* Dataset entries
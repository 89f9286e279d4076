-- ===== src/Routing/Warned.antt =====
-- The rooms that the configuration warns about, and where the registry routes them.
use keycard.Prelude.{
  String, true, ◌≡◌, Option, none, some, [], arith, All, Option-cases, Bool-cases, inl, inr, eq_iff,
}
use keycard.Prelude.Dict.{get}
use keycard.Config.Toml.{Table, end, entry}
use keycard.Config.Types.{Config, RoomConfig}
use keycard.Config.Load.{sub_table}
use keycard.Config.Warnings.{sets_pids_limit, is_on_firecracker, warned_entries, warned_rooms}
use keycard.Routing.{name_for}

-- The configured room of that name is routed to Firecracker.
abbrev pub IsIgnored : Config → String → Type 0
IsIgnored cfg name =
    (room : RoomConfig) × (get name cfg.rooms ≡ some room) × (name_for cfg room ≡ "firecracker")

is_on_firecracker-IsIgnored :
    (cfg : Config) (name : String) → is_on_firecracker cfg name ≡ true → IsIgnored cfg name
unfolding is_on_firecracker name_for
is_on_firecracker-IsIgnored cfg name h = elim (Option-cases (get name cfg.rooms)) [
  | inl missing ↦ absurd (ground arith)
  | inr (room, found) ↦ (room, found, ground (arith, eq_iff (name_for cfg room) "firecracker"))
]

entries-IsIgnored : (cfg : Config) (t : Table) → All (IsIgnored cfg) (warned_entries cfg t)
unfolding warned_entries
entries-IsIgnored cfg end = tt
entries-IsIgnored cfg (entry name val rest) = elim (Bool-cases (sets_pids_limit val)) [
  | inr unset' ↦ rw (unset', warned_entries) (entries-IsIgnored cfg rest)
  | inl set' ↦ elim (Bool-cases (is_on_firecracker cfg name)) [
    | inr elsewhere ↦ rw (set', elsewhere, warned_entries) (entries-IsIgnored cfg rest)
    | inl there ↦
        rw (set', there, warned_entries)
          (is_on_firecracker-IsIgnored cfg name there, entries-IsIgnored cfg rest)
  ]
]

-- The warning about a limit that has no effect names only configured rooms that the registry
-- routes to the Firecracker backend, by their own key or by the top level's.
pub warned_rooms_run_on_firecracker :
    (cfg : Config) (raw : Table) → All (IsIgnored cfg) (warned_rooms cfg raw)
unfolding warned_rooms
warned_rooms_run_on_firecracker cfg raw = go (sub_table "rooms" raw)
  where
    go :
        (t : Option Table)
        → All (IsIgnored cfg) (elim t [ none ↦ [] | some t ↦ warned_entries cfg t ])
    go none = tt
    go (some t) = entries-IsIgnored cfg t
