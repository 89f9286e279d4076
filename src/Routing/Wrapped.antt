-- ===== src/Routing/Wrapped.antt =====
-- `RoutedRoom` as a `Room`: it passes everything through, and labels what `pause` gives.
use keycard.Prelude.{String, Result, ok, err}
use keycard.Rooms.{Room}
use keycard.Routing.{Routed}

-- `RoutedKept(self.backend_name, …)`
abbrev label : {S K : Type 0} → String → Result K × S → Result (Routed K) × S
label name (r, s) =
    (elim r [ err e ↦ err e | ok kept ↦ ok (record { backend_name = name; inner = kept }) ], s)

abbrev pub routed_room : {S K R D P : Type 0} → String → Room S K R D P → Room S (Routed K) R D P
routed_room name inner = record {
  can_pause = inner.can_pause;
  read = inner.read;
  write = inner.write;
  resize = inner.resize;
  destroy = inner.destroy;
  pause = λ p s. label name (inner.pause p s);
}
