-- ===== src/Session.antt =====
-- `RoomSession` of src/keycard/session.py. The event loop runs one task at a time, from one `await`
-- to the next: each such stretch of code is a function on the session, and an interleaving is a
-- list of events, each of which resumes one task or calls one callback. What an `await` gives
-- back (a room, a chunk, an exception) is the event's argument. A room is the number of its handle.
pub mod Types
pub mod Tasks
pub mod Machine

* Required work
Please return the records above exactly as they are written.

* Result for this task
repository 89f9286e279d4076
-- ===== src/Routing/Warned.antt =====
-- The rooms that the configuration warns about, and where the registry routes them.
use keycard.Prelude.{
  String, true, ◌≡◌, Option, none, some, [], arith, All, Option-cases, Bool-cases, inl, inr, eq_iff,
}
use keycard.Prelude.Dict.{get}
use keycard.Config.Toml.{Table, end, entry}
use keycard.Config.Types.{Config, RoomConfig}
use keycard.Config.Load.{sub_table}
use keycard.Config.Warnings.{sets_pids_limit, is_on_firecracker, warned_entries, warned_rooms}
use keycard.Routing.{name_for}

-- The configured room of that name is routed to Firecracker.
abbrev pub IsIgnored : Config → String → Type 0
IsIgnored cfg name =
    (room : RoomConfig) × (get name cfg.rooms ≡ some room) × (name_for cfg room ≡ "firecracker")

is_on_firecracker-IsIgnored :
    (cfg : Config) (name : String) → is_on_firecracker cfg name ≡ true → IsIgnored cfg name
unfolding is_on_firecracker name_for
is_on_firecracker-IsIgnored cfg name h = elim (Option-cases (get name cfg.rooms)) [
  | inl missing ↦ absurd (ground arith)
  | inr (room, found) ↦ (room, found, ground (arith, eq_iff (name_for cfg room) "firecracker"))
]

entries-IsIgnored : (cfg : Config) (t : Table) → All (IsIgnored cfg) (warned_entries cfg t)
unfolding warned_entries
entries-IsIgnored cfg end = tt
entries-IsIgnored cfg (entry name val rest) = elim (Bool-cases (sets_pids_limit val)) [
  | inr unset' ↦ rw (unset', warned_entries) (entries-IsIgnored cfg rest)
  | inl set' ↦ elim (Bool-cases (is_on_firecracker cfg name)) [
    | inr elsewhere ↦ rw (set', elsewhere, warned_entries) (entries-IsIgnored cfg rest)
    | inl there ↦
        rw (set', there, warned_entries)
          (is_on_firecracker-IsIgnored cfg name there, entries-IsIgnored cfg rest)
  ]
]

-- The warning about a limit that has no effect names only configured rooms that the registry
-- routes to the Firecracker backend, by their own key or by the top level's.
pub warned_rooms_run_on_firecracker :
    (cfg : Config) (raw : Table) → All (IsIgnored cfg) (warned_rooms cfg raw)
unfolding warned_rooms
warned_rooms_run_on_firecracker cfg raw = go (sub_table "rooms" raw)
  where
    go :
        (t : Option Table)
        → All (IsIgnored cfg) (elim t [ none ↦ [] | some t ↦ warned_entries cfg t ])
    go none = tt
    go (some t) = entries-IsIgnored cfg t
repository 89f9286e279d4076
filename src/Routing/Wrapped.antt
-- ===== src/Routing/Wrapped.antt =====
-- `RoutedRoom` as a `Room`: it passes everything through, and labels what `pause` gives.
use keycard.Prelude.{String, Result, ok, err}
use keycard.Rooms.{Room}
use keycard.Routing.{Routed}

-- `RoutedKept(self.backend_name, …)`
abbrev label : {S K : Type 0} → String → Result K × S → Result (Routed K) × S
label name (r, s) =
    (elim r [ err e ↦ err e | ok kept ↦ ok (record { backend_name = name; inner = kept }) ], s)

abbrev pub routed_room : {S K R D P : Type 0} → String → Room S K R D P → Room S (Routed K) R D P
routed_room name inner = record {
  can_pause = inner.can_pause;
  read = inner.read;
  write = inner.write;
  resize = inner.resize;
  destroy = inner.destroy;
  pause = λ p s. label name (inner.pause p s);
}
-- ===== src/Session.antt =====
-- `RoomSession` of src/keycard/session.py. The event loop runs one task at a time, from one `await`
-- to the next: each such stretch of code is a function on the session, and an interleaving is a
-- list of events, each of which resumes one task or calls one callback. What an `await` gives
-- back (a room, a chunk, an exception) is the event's argument. A room is the number of its handle.
pub mod Types
pub mod Tasks
pub mod Machine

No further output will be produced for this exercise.